Task statement:
Scan the listing and copy each line where the word "Unit" is present.

⁂

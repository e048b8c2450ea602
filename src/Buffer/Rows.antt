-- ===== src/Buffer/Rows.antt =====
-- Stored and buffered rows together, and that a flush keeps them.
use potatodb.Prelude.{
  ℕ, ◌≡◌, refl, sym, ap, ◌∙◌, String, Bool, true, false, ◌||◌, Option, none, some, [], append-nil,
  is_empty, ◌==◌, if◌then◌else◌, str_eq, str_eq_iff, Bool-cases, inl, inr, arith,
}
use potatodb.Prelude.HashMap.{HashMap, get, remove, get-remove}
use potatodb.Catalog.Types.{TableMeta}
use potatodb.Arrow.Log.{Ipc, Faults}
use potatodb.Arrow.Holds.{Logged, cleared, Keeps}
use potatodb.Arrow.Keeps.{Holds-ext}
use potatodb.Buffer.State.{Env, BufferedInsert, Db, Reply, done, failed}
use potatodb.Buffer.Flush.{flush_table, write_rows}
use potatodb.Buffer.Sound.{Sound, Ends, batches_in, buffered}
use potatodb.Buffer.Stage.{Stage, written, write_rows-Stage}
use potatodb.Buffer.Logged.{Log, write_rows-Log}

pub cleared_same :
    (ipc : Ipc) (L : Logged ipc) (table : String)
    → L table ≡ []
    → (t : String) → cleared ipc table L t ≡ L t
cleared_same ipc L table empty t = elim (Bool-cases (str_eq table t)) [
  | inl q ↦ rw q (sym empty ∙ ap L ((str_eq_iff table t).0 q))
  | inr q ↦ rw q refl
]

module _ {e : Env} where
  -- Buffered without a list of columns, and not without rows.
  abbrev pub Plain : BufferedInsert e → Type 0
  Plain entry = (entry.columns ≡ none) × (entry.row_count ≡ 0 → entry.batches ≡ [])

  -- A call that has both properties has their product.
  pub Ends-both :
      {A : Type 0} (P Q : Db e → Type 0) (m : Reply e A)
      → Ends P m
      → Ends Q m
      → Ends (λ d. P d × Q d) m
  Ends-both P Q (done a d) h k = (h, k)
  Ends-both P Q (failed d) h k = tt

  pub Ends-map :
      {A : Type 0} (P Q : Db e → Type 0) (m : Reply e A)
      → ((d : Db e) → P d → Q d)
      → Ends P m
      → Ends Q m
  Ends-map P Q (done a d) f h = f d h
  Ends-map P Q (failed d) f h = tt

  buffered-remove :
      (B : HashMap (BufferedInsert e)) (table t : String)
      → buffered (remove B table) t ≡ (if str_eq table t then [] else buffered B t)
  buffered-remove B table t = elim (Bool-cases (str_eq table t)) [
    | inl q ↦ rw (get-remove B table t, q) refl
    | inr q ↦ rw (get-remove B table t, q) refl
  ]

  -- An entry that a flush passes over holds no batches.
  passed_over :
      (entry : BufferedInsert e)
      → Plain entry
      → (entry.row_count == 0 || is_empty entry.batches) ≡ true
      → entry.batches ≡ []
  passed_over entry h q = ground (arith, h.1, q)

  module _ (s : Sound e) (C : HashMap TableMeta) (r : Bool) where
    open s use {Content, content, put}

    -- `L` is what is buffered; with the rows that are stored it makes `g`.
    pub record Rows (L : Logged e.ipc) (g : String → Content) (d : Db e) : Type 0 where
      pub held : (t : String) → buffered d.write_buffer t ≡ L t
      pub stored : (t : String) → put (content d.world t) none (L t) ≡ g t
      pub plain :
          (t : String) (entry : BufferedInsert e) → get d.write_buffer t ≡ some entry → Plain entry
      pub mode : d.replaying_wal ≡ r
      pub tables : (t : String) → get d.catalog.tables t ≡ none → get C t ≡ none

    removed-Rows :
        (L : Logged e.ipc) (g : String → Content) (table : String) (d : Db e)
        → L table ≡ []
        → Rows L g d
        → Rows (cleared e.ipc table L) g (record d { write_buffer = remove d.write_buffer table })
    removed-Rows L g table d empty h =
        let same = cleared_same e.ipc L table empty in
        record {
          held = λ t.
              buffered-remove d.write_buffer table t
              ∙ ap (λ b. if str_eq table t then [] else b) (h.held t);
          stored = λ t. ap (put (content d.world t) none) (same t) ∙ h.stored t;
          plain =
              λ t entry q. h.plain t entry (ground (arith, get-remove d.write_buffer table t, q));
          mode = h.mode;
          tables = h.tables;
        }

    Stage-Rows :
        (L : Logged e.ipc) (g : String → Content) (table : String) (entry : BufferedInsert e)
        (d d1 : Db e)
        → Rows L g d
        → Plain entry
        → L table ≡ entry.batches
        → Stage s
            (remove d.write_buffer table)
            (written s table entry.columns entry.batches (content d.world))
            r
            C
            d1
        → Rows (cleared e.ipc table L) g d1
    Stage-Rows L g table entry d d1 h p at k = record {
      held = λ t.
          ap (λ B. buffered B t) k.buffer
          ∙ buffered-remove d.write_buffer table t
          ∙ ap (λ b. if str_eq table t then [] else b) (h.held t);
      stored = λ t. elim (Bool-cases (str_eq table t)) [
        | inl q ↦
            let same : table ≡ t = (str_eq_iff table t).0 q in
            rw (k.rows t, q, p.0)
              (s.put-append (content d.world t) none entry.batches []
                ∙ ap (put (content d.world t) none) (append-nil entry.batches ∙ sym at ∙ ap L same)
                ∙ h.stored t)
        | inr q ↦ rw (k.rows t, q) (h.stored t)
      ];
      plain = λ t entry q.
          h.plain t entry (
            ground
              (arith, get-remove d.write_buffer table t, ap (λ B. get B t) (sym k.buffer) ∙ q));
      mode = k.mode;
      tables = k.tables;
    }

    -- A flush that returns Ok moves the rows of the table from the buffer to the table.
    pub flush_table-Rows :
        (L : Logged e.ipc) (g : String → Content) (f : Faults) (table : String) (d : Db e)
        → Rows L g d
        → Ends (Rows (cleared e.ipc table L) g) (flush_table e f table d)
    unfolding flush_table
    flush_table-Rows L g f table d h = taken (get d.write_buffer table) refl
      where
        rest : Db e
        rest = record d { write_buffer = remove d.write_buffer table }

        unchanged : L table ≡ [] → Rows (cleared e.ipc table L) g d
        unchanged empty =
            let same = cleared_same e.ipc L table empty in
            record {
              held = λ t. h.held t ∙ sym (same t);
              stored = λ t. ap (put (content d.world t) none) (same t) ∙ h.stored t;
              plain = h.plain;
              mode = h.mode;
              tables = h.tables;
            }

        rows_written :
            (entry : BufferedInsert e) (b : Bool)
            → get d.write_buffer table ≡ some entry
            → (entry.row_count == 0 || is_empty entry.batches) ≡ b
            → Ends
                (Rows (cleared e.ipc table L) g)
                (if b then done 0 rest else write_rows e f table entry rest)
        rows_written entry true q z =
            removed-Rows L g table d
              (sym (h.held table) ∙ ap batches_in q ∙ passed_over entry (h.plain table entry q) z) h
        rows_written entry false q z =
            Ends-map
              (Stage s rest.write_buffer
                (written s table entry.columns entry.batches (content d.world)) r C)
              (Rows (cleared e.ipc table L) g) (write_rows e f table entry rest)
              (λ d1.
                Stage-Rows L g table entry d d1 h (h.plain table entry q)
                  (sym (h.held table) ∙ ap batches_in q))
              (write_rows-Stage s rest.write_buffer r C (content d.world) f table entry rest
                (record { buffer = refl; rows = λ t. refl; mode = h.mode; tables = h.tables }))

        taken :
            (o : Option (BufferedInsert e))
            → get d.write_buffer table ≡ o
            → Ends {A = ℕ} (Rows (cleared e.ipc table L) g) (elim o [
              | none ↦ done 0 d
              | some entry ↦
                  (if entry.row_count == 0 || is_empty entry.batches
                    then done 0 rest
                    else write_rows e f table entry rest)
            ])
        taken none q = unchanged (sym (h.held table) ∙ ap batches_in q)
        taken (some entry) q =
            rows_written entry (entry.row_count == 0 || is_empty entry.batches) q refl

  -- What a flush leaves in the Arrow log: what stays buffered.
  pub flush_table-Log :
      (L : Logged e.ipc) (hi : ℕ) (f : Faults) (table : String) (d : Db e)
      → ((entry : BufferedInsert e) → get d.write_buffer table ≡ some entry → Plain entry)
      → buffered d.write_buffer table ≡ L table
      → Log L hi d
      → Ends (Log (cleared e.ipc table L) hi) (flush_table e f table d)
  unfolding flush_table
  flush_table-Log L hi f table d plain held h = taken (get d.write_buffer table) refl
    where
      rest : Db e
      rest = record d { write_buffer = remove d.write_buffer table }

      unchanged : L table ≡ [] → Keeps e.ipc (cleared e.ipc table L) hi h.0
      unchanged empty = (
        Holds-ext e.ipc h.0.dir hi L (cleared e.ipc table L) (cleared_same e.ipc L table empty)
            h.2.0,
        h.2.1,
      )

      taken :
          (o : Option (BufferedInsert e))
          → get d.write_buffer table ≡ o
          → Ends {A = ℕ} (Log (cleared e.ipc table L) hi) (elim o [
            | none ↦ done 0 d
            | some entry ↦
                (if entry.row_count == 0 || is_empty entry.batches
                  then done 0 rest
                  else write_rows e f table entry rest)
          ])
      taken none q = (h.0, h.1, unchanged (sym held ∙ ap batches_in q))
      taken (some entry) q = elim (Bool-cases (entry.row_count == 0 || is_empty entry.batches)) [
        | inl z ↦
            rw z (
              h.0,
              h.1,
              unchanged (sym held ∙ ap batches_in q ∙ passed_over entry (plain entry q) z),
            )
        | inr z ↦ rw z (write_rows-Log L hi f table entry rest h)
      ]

⁂

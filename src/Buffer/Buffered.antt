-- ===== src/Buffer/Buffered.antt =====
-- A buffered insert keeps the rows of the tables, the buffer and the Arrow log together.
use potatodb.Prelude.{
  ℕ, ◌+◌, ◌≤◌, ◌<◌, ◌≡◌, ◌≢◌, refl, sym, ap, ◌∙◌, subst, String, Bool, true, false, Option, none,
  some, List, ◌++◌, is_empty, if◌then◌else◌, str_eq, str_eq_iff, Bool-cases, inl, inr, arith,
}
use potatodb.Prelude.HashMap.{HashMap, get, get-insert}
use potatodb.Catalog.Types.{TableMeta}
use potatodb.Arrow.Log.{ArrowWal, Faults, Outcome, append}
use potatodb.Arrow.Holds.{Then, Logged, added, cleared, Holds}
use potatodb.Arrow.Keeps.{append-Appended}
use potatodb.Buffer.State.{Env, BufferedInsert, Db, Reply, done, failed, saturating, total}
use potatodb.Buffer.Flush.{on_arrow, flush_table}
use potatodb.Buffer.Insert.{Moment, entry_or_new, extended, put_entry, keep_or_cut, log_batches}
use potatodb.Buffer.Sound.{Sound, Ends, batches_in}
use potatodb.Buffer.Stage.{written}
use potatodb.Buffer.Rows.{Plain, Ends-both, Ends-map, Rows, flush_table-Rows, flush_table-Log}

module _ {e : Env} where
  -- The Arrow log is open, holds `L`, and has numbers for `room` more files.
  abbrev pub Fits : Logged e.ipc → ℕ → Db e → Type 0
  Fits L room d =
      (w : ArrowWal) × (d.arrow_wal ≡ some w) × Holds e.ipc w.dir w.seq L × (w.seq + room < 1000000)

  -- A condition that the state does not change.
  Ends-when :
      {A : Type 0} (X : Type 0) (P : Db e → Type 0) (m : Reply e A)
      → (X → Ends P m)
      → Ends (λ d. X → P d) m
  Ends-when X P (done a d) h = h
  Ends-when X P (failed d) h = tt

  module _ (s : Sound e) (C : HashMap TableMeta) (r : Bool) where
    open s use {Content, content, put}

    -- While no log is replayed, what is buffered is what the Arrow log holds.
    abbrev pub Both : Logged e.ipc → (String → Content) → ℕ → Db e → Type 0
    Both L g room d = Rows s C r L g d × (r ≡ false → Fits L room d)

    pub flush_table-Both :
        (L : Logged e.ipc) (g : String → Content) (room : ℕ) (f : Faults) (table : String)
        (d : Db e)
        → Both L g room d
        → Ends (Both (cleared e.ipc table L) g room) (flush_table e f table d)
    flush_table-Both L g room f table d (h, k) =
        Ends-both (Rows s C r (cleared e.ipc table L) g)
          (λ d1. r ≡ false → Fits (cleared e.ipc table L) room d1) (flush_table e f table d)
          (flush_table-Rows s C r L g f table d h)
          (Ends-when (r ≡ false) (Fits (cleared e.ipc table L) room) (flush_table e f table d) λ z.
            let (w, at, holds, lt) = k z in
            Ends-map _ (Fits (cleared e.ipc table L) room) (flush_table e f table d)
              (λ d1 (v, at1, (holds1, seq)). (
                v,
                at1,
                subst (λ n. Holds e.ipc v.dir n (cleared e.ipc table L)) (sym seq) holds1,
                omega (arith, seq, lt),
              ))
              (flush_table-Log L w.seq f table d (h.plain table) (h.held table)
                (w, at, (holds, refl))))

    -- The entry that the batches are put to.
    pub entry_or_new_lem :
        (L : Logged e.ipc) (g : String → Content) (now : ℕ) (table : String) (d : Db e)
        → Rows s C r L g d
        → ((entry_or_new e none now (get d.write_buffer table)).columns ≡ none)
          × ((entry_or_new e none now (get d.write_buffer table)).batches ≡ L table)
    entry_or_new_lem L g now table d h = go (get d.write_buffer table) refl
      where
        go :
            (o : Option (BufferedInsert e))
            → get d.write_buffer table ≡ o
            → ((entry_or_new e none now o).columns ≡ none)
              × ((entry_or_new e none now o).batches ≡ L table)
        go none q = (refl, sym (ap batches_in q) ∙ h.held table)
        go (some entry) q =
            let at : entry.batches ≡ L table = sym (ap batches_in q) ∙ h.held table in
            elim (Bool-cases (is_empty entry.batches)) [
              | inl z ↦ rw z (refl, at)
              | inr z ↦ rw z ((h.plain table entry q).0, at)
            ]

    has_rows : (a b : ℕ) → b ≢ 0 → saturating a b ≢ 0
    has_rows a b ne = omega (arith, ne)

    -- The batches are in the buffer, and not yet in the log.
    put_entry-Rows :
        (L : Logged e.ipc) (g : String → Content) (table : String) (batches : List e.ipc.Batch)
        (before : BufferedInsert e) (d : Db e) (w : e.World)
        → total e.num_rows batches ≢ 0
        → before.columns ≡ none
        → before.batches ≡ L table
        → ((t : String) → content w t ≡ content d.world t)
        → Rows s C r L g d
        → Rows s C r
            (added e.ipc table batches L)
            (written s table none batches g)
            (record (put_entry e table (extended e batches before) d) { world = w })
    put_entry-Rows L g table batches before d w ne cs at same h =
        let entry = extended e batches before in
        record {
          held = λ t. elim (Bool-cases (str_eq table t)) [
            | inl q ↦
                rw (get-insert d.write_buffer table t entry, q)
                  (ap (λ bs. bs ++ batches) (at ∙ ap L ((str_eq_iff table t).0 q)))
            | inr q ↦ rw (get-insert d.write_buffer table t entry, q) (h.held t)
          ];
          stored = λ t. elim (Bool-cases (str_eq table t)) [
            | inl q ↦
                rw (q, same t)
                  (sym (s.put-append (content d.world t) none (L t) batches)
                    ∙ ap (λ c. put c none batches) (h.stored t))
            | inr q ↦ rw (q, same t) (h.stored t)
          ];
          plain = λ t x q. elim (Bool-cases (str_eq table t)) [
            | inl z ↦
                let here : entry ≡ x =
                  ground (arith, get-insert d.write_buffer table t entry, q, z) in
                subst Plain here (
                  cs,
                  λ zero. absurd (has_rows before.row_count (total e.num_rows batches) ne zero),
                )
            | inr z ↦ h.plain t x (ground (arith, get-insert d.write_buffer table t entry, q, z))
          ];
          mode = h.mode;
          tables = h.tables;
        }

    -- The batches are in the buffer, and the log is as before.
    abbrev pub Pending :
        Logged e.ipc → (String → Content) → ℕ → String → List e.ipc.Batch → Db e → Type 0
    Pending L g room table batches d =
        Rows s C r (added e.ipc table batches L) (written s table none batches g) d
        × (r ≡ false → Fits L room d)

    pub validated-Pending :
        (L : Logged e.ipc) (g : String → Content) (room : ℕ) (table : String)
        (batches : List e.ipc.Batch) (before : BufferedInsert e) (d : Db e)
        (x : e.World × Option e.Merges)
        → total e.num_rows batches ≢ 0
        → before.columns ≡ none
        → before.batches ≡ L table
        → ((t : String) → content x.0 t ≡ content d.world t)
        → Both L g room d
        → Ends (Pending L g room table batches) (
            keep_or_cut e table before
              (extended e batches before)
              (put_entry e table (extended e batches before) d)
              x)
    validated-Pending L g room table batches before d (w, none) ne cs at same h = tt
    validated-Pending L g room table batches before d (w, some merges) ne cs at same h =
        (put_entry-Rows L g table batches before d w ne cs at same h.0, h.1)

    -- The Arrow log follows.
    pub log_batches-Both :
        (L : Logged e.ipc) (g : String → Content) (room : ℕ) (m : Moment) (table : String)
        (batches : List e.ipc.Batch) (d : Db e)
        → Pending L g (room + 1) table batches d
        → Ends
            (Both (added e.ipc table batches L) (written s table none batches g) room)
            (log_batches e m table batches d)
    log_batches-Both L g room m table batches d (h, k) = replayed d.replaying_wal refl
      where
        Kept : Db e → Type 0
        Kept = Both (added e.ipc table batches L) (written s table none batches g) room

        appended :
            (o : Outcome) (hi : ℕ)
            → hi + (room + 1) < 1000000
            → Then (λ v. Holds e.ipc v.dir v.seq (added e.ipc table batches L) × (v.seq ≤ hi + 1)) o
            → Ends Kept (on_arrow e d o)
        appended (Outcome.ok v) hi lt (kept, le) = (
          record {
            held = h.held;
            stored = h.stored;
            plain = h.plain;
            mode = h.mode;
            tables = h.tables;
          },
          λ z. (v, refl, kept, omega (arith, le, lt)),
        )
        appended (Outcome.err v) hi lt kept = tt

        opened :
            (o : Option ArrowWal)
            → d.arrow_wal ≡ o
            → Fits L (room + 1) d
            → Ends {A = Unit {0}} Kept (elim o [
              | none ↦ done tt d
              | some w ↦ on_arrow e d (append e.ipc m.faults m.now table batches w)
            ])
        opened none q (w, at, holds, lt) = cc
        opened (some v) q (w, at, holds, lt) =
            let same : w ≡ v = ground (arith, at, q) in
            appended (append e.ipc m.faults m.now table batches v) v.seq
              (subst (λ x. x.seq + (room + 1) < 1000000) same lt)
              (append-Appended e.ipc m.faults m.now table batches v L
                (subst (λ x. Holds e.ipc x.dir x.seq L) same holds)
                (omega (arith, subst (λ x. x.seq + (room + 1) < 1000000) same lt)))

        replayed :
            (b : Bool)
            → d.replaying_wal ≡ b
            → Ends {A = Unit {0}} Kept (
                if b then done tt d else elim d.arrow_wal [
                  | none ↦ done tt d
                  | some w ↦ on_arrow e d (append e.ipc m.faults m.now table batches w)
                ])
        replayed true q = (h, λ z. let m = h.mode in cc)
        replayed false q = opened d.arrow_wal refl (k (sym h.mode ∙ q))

⁂

Solved exercise:
            → Ends {A = Unit {0}} Kept (elim o [
            → Ends {A = Unit {0}} Kept (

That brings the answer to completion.